The reality of NUS Conference was rather sobering: the lion’s share of the motions presented to delegates focused on political issues of marginal relevance to the everyday experience of students at university, such as public ownership of banks, the condemnation of UKIP, and the obligatory motion on Palestine. Topics such as improving contact hours, guarantor schemes for international students, the expansion of soft skills training provision for students and the abolition of re-sit fees were drowned out as conference heatedly debated everyday politics. This was amplified by the infamous political factionalism that underpinned the conference, pitting representatives of organisations with such sonorous acronyms such as NCAFC, NOLS or AWL against one another while vying for seats on the National Executive Council or the Block of 15. One of the principal candidates for NUS President even managed to hold a candidacy speech without mentioning the word “students” once. An impressive, yet telling feat. While the eventual re-election of moderate Toni Pearce saw the convention end on a cordial note, the overall experience left non-factional delegates disillusioned.
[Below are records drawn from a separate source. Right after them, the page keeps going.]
-- ===== src/Execution/Lifecycle.antt =====
-- class OrderLifecycle of common/execution/lifecycle.py. The broker is a parameter: a state of its
-- own and `submit`. Parameters are also the correlation identifier that is built of an order's day
-- and sequence number, and the division that computes an average price.
pub mod Kept
pub mod Once
pub mod Submitting
use algo_trading.Common.{
  ℕ, Bool, true, false, Option, none, some, List, [], ◌∷◌, or_else, if◌then◌else◌,
}
use algo_trading.Models.{Mode, Fill, OrderStatus, rejected, market, allowed, Error, Result, ok, err}
use algo_trading.Store.Rows.{OrderIntent, ErrorRow, PositionRow, Database}
use algo_trading.Store.Intents.{
  Signal, Order, record_signal, next_sequence_number, reserve_intent, record_submission,
  record_error,
}
use algo_trading.Broker.{Quote, Submission, accepted, refused, failed, Broker}
use algo_trading.Broker.Quotes.{QuoteBook, latest_in}
use algo_trading.Store.Fills.{Apply, apply_fill}

pub data Skip : Type 0 where
  duplicate_signal : Skip
  broker_rejected : ℕ → Skip

pub record ExecutionResult : Type 0 where
  pub correlation_id : Option ℕ
  pub order : Option Order
  pub position : Option PositionRow
  pub skipped_reason : Option Skip

pub record OrderLifecycle : Type 0 where
  pub runtime_id : ℕ
  pub strategy_id : ℕ
  pub execution_mode : Mode
  pub session_id : ℕ
  pub product_type : ℕ
  pub config_fingerprint : Option ℕ

-- A call of `handle_signal`: the clock, the row that the cursor reports, and the arguments.
pub record Request : Type 0 where
  pub now : ℕ
  pub reported : ℕ
  pub signal : Signal
  pub trading_date : ℕ
  pub stop_price : Option ℕ
  pub target_price : Option ℕ

-- `_quote_for`
unfoldable pub quote_for : Option QuoteBook → Signal → Quote
unfolding latest_in
quote_for quotes s = or_else (latest_in quotes s.security_id) (record {
  security_id = s.security_id;
  last_price = s.reference_price;
  quoted_at = s.evaluated_at;
  bid = none;
  ask = none;
})

unfoldable pub intent_of : OrderLifecycle → Request → ℕ → ℕ → ℕ → OrderIntent
intent_of l q signal_id sequence correlation_id = record {
  correlation_id = correlation_id;
  strategy_id = l.strategy_id;
  runtime_id = l.runtime_id;
  execution_mode = l.execution_mode;
  trading_date = q.trading_date;
  sequence_number = sequence;
  instrument = q.signal.instrument;
  security_id = q.signal.security_id;
  side = q.signal.side;
  quantity = q.signal.quantity;
  order_type = market;
  product_type = l.product_type;
  created_at = q.now;
  limit_price = none;
  trigger_price = none;
  signal_id = some signal_id;
  basket_id = none;
  leg_id = none;
  config_fingerprint = l.config_fingerprint;
  risk_decision = allowed;
  risk_reason = none;
}

-- The order that stands for a submission the broker refused.
rejected_order : OrderLifecycle → Request → ℕ → ℕ → Order
rejected_order l q correlation_id reason = record {
  correlation_id = correlation_id;
  strategy_id = l.strategy_id;
  execution_mode = l.execution_mode;
  status = rejected;
  updated_at = q.now;
  broker_order_id = none;
  filled_quantity = 0;
  average_fill_price = none;
  rejection_reason = some reason;
  fills = [];
}

apply_of : OrderLifecycle → Request → ℕ → OrderStatus → Fill → Apply
apply_of l q order_id status fill = record {
  order_id = order_id;
  runtime_id = l.runtime_id;
  fill = fill;
  order_status = status;
  instrument = q.signal.instrument;
  security_id = q.signal.security_id;
  side = q.signal.side;
  trading_date = q.trading_date;
  stop_price = q.stop_price;
  target_price = q.target_price;
  last_candle_end_at = some q.signal.candle.end_at;
}

kept : Result PositionRow → Option PositionRow
kept (ok p) = some p
kept (err e) = none

result_of : ℕ → Order → Result (Option PositionRow) × Database → Result ExecutionResult × Database
result_of correlation_id order (err e, db) = (err e, db)
result_of correlation_id order (ok p, db) = (
  ok (record {
    correlation_id = some correlation_id;
    order = some order;
    position = p;
    skipped_reason = none;
  }),
  db,
)

refused_with : ℕ → Order → ℕ → Result ℕ × Database → Result ExecutionResult × Database
refused_with correlation_id order reason (err e, db) = (err e, db)
refused_with correlation_id order reason (ok id, db) = (
  ok (record {
    correlation_id = some correlation_id;
    order = some order;
    position = none;
    skipped_reason = some (broker_rejected reason);
  }),
  db,
)

module _ (divide : ℕ → ℕ → ℕ) where
  -- The loop over the fills: a raise ends it.
  unfoldable pub apply_fills :
      OrderLifecycle
      → Request
      → ℕ
      → OrderStatus
      → List Fill
      → Option PositionRow
      → Database
      → Result (Option PositionRow) × Database
  unfolding kept apply_of
  apply_fills l q order_id status [] p db = (ok p, db)
  apply_fills l q order_id status (f ∷ fs) p db =
      let (r, db1) = apply_fill divide q.now (apply_of l q order_id status f) db in
      let (rest, db2) = apply_fills l q order_id status fs (kept r) db1 in
      elim r [ ok p1 ↦ (rest, db2) | err e ↦ (err e, db1) ]

  accepted_in :
      OrderLifecycle → Request → ℕ → Order → Result ℕ × Database → Result ExecutionResult × Database
  unfolding result_of apply_fills
  accepted_in l q correlation_id order (err e, db) = (err e, db)
  accepted_in l q correlation_id order (ok id, db) =
      result_of correlation_id order (apply_fills l q id order.status order.fills none db)

  -- What follows the broker's answer.
  unfoldable pub answered :
      OrderLifecycle → Request → ℕ → ℕ → Submission → Database → Result ExecutionResult × Database
  unfolding accepted_in refused_with rejected_order
  answered l q correlation_id intent_id (accepted order) db =
      accepted_in l q correlation_id order
        (record_submission q.now q.reported intent_id order l.runtime_id db)
  answered l q correlation_id intent_id (refused reason) db =
      let order = rejected_order l q correlation_id reason in
      let noted =
        record_error
          (record {
            runtime_id = l.runtime_id;
            strategy_id = l.strategy_id;
            execution_mode = l.execution_mode;
            message = reason;
            context = correlation_id;
          })
          db in
      refused_with correlation_id order reason
        (record_submission q.now q.reported intent_id order l.runtime_id noted)
  answered l q correlation_id intent_id (failed e) db = (err e, db)

  module _ {B : Type 0} (broker : Broker B) (correlate : Mode → ℕ → ℕ → ℕ → ℕ → Result ℕ)
      (quotes : Option QuoteBook) where
    pub reserved :
        OrderLifecycle
        → Request
        → OrderIntent
        → Result ℕ × Database
        → B
        → Result ExecutionResult × Database × B
    unfolding answered quote_for
    reserved l q i (err e, db) b = (err e, db, b)
    reserved l q i (ok intent_id, db) b =
        let (answer, b1) = broker.submit i (quote_for quotes q.signal) b in
        let (r, db1) = answered l q i.correlation_id intent_id answer db in (r, db1, b1)

    correlated :
        OrderLifecycle
        → Request
        → ℕ
        → ℕ
        → Result ℕ
        → Database
        → B
        → Result ExecutionResult × Database × B
    unfolding reserved intent_of
    correlated l q signal_id sequence (err e) db b = (err e, db, b)
    correlated l q signal_id sequence (ok id) db b =
        let i = intent_of l q signal_id sequence id in
        reserved l q i (reserve_intent l.session_id i db) b

    pub signalled :
        OrderLifecycle → Request → Option ℕ × Database → B → Result ExecutionResult × Database × B
    unfolding correlated
    signalled l q (none, db) b = (
      ok (record {
        correlation_id = none;
        order = none;
        position = none;
        skipped_reason = some duplicate_signal;
      }),
      db,
      b,
    )
    signalled l q (some signal_id, db) b =
        let sequence = next_sequence_number l.strategy_id l.execution_mode q.trading_date db in
        correlated l q signal_id sequence
          (correlate l.execution_mode l.runtime_id l.strategy_id q.trading_date sequence) db b

    unfoldable pub handle_signal :
        OrderLifecycle → Request → Database → B → Result ExecutionResult × Database × B
    unfolding signalled
    handle_signal l q db b =
        signalled l q
          (record_signal l.session_id l.runtime_id q.signal q.trading_date l.config_fingerprint db)
          b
While many may find these tales typical of the shenanigans of modern student politics, there is a more troubling reality behind them: the NUS has for long been structurally unable to properly work for students. It shuns accountability and democracy by rejecting a “One Member, One Vote” system to elect its President. As a result, factional infighting prevails within its executive bodies whose members primarily seek to advance narrow partisan interests irrespective of whether they improve the lives of the more than two million students they represent. These officers are in turn elected by delegates returned on minimal turnouts in local SUs, supported by coordinated fringe activist groups. Marred by this infighting and detached from the lives of the people it is supposed to represent, the NUS has long ceased to be an effective and powerful national voice for students. This is lamentable since there is a need for effective and constructive national student representation, particularly in an age where academia is evolving as rapidly as today. Today, the NUS is as, if not more, dysfunctional as during my undergraduate years – while demanding more than twice the affiliation fees from SUs. Bouattia’s election is the logical conclusion of this development.

The NUS, as it is now, is not working for students. It has not done so for several years, if not decades, and there is little hope for this state of affairs to change in the near future. Students should send a clear message and reject the failed institution that is the NUS – and with it the self-seeking politics that have led to the loss of the national student voice in Britain.